= Action item =
Reproduce the data below verbatim from the line containing "-- crates/execution: the executor of blocks." through its final line, and produce nothing more.

[Collected data entries]
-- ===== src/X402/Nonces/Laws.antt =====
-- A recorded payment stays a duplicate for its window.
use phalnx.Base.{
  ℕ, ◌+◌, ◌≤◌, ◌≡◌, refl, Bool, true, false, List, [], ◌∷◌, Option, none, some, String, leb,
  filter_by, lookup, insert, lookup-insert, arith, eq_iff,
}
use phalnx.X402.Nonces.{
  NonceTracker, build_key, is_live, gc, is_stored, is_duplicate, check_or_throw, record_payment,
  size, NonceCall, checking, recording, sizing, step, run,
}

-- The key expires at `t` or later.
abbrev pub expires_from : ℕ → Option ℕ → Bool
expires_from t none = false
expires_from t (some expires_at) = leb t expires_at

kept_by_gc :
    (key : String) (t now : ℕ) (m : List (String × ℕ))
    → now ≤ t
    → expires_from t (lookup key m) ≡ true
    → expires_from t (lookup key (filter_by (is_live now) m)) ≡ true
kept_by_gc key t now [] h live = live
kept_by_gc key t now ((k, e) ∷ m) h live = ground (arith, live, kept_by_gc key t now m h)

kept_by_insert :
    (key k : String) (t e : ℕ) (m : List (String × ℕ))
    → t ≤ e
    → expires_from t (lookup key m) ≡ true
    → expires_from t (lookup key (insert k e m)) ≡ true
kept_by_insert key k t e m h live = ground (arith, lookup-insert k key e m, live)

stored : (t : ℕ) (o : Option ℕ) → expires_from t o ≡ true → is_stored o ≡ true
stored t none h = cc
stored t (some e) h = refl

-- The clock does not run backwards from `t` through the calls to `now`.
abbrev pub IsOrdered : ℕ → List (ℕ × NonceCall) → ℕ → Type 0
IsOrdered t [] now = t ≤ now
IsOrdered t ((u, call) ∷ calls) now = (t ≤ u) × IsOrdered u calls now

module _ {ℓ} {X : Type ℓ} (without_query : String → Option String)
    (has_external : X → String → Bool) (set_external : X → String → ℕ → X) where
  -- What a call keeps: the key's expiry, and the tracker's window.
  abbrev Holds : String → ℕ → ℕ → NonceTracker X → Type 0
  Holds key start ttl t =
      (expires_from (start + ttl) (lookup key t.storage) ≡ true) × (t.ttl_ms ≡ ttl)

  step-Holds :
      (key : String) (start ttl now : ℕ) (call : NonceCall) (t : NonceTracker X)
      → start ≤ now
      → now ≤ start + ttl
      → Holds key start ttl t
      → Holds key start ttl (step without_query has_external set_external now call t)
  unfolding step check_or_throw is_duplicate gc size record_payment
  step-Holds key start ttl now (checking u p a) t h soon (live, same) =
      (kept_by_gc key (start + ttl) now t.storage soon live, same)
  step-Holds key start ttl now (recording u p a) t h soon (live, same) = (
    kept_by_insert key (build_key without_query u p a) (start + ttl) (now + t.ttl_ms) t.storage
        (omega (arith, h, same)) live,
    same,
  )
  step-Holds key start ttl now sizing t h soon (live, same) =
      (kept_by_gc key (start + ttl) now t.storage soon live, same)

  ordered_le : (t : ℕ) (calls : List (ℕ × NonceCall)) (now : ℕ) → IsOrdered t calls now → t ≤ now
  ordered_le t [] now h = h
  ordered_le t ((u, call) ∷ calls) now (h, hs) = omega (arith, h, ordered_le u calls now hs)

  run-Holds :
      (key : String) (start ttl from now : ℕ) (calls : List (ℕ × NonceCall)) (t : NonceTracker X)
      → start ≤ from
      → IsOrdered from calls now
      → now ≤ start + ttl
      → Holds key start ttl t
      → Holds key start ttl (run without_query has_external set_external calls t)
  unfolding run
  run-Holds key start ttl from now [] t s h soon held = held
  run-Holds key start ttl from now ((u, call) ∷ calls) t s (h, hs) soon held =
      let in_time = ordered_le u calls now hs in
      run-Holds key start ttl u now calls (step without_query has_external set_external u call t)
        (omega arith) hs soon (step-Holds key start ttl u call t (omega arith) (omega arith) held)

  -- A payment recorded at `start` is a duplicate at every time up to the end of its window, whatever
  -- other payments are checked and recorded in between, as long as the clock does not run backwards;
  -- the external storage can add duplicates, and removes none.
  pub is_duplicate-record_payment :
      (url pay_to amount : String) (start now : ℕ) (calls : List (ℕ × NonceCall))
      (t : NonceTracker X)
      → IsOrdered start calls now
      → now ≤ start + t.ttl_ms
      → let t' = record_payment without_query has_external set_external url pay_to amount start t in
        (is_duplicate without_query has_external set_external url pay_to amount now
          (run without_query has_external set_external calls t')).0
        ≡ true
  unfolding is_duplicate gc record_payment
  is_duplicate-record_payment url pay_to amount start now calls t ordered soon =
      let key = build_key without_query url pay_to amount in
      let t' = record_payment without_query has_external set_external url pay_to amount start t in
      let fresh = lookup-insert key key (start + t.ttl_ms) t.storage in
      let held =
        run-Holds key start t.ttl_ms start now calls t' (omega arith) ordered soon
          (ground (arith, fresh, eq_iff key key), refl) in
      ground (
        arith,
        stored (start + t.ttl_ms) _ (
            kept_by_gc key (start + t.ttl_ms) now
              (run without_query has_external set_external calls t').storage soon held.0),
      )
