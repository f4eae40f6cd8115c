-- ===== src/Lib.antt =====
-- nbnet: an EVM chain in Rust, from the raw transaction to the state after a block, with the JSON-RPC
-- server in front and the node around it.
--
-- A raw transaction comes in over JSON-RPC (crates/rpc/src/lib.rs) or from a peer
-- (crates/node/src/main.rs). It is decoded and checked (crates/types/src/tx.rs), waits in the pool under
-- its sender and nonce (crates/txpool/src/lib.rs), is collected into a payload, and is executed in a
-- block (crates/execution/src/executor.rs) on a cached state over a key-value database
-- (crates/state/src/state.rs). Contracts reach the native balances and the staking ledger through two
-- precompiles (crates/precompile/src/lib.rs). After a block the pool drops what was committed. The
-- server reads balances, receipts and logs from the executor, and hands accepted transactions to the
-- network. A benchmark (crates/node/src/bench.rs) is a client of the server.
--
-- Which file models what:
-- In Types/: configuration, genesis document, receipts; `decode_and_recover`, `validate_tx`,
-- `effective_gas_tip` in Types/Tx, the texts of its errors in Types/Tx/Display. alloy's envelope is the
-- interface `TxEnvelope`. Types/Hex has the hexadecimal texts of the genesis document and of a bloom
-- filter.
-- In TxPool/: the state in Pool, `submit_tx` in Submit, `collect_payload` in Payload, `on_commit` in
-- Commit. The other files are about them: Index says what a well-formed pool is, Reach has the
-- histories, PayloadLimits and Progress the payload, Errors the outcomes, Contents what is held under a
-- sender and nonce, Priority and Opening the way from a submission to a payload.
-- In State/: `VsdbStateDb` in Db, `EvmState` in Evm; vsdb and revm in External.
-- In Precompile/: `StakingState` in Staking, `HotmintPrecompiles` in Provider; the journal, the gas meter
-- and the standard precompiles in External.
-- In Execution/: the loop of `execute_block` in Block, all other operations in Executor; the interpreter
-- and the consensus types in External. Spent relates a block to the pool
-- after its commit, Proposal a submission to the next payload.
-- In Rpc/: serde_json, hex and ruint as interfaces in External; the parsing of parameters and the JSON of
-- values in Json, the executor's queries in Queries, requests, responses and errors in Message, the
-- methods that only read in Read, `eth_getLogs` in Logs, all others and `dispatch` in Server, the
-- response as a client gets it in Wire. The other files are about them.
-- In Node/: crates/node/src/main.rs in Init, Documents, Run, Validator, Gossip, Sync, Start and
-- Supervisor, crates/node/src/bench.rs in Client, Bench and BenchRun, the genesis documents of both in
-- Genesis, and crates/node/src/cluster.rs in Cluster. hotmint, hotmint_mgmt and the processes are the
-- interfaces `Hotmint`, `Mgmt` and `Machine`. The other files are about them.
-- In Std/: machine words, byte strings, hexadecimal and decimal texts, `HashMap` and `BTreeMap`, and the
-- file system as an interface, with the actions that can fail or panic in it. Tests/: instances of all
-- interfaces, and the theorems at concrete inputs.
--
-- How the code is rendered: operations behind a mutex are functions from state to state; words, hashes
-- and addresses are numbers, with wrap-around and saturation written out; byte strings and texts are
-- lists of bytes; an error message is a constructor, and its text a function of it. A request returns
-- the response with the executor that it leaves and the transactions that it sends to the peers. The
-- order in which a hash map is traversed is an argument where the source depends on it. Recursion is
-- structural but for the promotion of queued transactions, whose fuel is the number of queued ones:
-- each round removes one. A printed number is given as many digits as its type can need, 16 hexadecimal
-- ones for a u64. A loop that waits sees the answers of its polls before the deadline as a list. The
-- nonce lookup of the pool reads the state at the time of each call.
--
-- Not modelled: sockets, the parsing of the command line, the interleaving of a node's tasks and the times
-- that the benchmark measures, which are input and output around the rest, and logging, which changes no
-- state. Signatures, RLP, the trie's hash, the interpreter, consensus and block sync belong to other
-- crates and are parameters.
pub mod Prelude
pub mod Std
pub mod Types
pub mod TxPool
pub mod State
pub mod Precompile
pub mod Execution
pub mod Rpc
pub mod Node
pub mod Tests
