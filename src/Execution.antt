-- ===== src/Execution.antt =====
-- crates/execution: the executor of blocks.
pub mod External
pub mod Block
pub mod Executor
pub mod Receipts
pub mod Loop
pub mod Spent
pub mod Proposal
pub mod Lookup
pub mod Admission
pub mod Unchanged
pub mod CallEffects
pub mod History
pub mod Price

= Output of the task =
-- crates/execution: the executor of blocks.
pub mod External
pub mod Block
pub mod Executor
pub mod Receipts
pub mod Loop
pub mod Spent
pub mod Proposal
pub mod Lookup
pub mod Admission
pub mod Unchanged
pub mod CallEffects
pub mod History
pub mod Price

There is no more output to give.